» **Assignment**
Instruction for the entries that follow: retype exactly the lines from the line with "-- ===== src/Cli/Parsed.antt" to the line with "then (dashes s.is_double", both included, and omit all others.

(Saved data entries)
===

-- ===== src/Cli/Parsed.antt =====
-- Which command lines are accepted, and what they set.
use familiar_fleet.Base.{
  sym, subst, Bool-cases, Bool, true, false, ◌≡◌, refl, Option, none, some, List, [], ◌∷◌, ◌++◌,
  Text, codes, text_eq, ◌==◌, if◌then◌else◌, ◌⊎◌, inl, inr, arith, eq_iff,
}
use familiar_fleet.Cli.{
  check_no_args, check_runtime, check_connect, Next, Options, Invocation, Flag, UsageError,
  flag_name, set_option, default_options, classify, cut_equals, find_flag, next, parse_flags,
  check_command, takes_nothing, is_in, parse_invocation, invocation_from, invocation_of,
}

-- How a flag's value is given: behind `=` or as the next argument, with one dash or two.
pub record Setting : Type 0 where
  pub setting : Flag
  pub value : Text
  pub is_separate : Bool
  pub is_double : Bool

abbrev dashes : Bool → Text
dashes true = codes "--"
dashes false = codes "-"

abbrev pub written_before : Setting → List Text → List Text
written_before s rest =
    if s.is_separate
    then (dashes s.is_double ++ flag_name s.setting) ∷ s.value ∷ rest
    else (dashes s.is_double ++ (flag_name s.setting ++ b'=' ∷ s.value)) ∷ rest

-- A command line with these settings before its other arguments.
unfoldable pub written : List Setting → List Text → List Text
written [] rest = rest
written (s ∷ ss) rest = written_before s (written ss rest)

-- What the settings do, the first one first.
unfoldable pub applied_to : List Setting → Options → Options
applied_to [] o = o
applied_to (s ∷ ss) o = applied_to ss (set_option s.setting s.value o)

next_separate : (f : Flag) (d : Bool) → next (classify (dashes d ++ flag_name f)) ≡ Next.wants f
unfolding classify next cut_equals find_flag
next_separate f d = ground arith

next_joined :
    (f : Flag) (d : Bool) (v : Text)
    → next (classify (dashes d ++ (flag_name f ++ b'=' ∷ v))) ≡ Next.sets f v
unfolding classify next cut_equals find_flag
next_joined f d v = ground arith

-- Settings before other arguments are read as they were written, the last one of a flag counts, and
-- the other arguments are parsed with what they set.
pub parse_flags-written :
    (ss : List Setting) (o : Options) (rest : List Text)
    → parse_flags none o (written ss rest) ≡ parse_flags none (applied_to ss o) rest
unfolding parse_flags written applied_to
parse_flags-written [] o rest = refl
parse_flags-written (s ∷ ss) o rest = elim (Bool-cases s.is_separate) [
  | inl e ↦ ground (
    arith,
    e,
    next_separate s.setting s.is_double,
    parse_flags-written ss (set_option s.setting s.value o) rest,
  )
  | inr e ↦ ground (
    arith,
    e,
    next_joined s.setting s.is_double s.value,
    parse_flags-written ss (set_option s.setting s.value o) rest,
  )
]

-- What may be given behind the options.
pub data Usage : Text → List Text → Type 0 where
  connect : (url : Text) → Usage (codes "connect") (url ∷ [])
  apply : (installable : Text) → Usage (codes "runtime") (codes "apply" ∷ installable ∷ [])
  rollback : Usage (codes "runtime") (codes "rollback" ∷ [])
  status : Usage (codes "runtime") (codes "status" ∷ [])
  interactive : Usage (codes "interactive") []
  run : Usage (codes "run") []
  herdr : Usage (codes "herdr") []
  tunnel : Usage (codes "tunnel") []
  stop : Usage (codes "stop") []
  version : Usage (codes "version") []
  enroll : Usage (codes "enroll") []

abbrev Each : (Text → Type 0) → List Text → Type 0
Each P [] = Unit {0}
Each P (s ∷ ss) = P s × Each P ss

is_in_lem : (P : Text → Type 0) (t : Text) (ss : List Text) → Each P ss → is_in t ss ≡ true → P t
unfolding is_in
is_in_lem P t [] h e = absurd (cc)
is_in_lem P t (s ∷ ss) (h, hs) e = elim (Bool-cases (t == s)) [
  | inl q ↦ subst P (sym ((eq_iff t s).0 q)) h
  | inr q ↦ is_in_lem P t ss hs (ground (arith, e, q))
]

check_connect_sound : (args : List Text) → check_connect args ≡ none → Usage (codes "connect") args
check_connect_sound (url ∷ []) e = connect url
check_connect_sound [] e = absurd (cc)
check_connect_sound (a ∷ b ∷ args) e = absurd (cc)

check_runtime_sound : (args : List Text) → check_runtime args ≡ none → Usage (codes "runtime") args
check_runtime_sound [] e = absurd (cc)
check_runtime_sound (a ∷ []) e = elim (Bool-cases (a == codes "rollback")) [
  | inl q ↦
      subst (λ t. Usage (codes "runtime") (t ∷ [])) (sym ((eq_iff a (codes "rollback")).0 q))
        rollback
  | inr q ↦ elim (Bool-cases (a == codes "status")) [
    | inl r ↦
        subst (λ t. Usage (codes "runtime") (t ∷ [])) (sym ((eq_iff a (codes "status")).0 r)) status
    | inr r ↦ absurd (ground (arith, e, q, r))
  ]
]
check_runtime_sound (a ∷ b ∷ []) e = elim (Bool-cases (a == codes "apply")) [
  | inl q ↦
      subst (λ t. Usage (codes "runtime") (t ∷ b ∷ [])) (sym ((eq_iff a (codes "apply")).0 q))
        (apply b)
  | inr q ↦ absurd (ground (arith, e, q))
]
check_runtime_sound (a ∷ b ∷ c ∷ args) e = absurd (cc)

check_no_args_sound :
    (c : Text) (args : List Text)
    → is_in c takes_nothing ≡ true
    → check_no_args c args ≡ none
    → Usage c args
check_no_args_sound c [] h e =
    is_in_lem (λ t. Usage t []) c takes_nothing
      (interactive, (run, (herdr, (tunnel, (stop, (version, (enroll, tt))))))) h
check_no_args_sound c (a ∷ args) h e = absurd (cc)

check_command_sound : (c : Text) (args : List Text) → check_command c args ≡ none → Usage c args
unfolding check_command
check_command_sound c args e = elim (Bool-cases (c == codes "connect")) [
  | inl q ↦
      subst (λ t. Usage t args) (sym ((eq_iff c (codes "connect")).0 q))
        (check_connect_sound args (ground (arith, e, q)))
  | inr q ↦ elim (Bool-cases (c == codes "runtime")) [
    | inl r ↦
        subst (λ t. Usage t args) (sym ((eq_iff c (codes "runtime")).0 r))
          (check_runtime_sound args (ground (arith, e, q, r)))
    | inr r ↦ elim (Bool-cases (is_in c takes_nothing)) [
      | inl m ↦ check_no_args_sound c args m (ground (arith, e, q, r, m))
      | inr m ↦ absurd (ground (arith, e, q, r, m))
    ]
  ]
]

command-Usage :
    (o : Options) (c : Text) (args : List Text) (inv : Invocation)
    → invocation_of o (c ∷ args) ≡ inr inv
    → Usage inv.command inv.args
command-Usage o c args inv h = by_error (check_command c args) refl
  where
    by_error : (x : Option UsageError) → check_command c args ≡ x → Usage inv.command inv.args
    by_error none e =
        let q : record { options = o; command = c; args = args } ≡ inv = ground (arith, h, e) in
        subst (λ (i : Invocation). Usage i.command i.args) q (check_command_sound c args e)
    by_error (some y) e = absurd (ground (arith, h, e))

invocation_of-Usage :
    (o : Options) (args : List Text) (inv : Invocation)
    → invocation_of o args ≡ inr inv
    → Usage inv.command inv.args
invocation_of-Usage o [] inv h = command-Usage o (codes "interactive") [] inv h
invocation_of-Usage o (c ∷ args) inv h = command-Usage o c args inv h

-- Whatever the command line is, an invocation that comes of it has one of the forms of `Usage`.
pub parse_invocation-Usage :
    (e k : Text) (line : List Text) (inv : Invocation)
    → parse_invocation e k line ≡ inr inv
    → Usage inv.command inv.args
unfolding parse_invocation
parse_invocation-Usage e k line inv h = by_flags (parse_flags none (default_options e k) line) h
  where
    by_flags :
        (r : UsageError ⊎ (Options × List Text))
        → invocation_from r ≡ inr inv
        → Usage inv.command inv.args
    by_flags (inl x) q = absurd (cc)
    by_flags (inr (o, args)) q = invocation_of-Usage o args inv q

===

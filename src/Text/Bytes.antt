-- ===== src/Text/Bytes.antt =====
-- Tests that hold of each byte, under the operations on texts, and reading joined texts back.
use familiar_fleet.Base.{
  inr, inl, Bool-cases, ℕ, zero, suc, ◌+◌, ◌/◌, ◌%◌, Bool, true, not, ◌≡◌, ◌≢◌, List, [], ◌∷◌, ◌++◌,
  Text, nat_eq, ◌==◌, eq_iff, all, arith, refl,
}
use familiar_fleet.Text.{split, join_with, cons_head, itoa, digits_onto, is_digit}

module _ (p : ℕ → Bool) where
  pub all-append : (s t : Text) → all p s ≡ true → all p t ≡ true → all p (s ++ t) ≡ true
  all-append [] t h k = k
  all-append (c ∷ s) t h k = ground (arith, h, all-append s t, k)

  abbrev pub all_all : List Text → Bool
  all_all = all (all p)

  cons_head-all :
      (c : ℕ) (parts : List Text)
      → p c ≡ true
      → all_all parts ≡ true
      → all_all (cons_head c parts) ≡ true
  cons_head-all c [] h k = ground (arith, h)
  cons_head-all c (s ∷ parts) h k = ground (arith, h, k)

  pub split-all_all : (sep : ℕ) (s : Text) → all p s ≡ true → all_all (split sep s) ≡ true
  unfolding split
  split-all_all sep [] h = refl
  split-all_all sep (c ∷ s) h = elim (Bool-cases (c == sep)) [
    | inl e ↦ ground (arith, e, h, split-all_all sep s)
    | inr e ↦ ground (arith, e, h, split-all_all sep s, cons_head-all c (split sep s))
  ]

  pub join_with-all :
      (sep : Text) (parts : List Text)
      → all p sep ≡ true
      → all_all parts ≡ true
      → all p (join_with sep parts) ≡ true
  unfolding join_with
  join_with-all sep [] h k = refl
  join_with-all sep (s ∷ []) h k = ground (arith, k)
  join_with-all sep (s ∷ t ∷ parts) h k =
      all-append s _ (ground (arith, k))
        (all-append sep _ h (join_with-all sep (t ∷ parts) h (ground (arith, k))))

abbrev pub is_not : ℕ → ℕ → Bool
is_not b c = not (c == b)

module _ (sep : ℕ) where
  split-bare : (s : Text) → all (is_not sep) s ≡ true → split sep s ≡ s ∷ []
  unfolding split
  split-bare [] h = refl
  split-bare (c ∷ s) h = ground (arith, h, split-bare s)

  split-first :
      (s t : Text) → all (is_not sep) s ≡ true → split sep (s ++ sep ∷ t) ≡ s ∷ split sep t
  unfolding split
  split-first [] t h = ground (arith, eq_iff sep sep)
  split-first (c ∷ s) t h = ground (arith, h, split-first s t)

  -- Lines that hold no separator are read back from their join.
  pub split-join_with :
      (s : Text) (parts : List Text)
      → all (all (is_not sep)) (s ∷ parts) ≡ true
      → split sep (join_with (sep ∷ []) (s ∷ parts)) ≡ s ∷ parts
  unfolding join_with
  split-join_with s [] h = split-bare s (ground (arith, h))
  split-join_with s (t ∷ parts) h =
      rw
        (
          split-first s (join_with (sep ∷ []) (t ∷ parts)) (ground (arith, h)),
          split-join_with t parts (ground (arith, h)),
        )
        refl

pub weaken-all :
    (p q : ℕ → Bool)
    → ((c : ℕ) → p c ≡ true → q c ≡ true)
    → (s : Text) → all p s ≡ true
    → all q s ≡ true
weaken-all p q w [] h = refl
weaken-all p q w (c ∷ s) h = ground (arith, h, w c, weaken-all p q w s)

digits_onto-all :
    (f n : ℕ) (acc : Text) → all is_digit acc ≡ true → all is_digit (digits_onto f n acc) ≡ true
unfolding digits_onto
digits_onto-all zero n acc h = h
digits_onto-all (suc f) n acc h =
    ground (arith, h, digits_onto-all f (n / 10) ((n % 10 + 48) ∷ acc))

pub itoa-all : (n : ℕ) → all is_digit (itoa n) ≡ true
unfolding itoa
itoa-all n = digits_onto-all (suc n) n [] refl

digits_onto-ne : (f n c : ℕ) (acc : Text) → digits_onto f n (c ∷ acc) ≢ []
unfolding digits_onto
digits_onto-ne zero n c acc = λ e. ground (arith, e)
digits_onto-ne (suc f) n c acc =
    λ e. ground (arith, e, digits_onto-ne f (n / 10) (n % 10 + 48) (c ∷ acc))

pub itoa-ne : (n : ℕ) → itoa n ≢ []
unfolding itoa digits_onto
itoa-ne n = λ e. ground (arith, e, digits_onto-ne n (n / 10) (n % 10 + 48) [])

===

» **Written solution**
-- ===== src/Cli/Parsed.antt =====
-- Which command lines are accepted, and what they set.
use familiar_fleet.Base.{
  sym, subst, Bool-cases, Bool, true, false, ◌≡◌, refl, Option, none, some, List, [], ◌∷◌, ◌++◌,
  Text, codes, text_eq, ◌==◌, if◌then◌else◌, ◌⊎◌, inl, inr, arith, eq_iff,
}
use familiar_fleet.Cli.{
  check_no_args, check_runtime, check_connect, Next, Options, Invocation, Flag, UsageError,
  flag_name, set_option, default_options, classify, cut_equals, find_flag, next, parse_flags,
  check_command, takes_nothing, is_in, parse_invocation, invocation_from, invocation_of,
}

-- How a flag's value is given: behind `=` or as the next argument, with one dash or two.
pub record Setting : Type 0 where
  pub setting : Flag
  pub value : Text
  pub is_separate : Bool
  pub is_double : Bool

abbrev dashes : Bool → Text
dashes true = codes "--"
dashes false = codes "-"

abbrev pub written_before : Setting → List Text → List Text
written_before s rest =
    if s.is_separate
    then (dashes s.is_double ++ flag_name s.setting) ∷ s.value ∷ rest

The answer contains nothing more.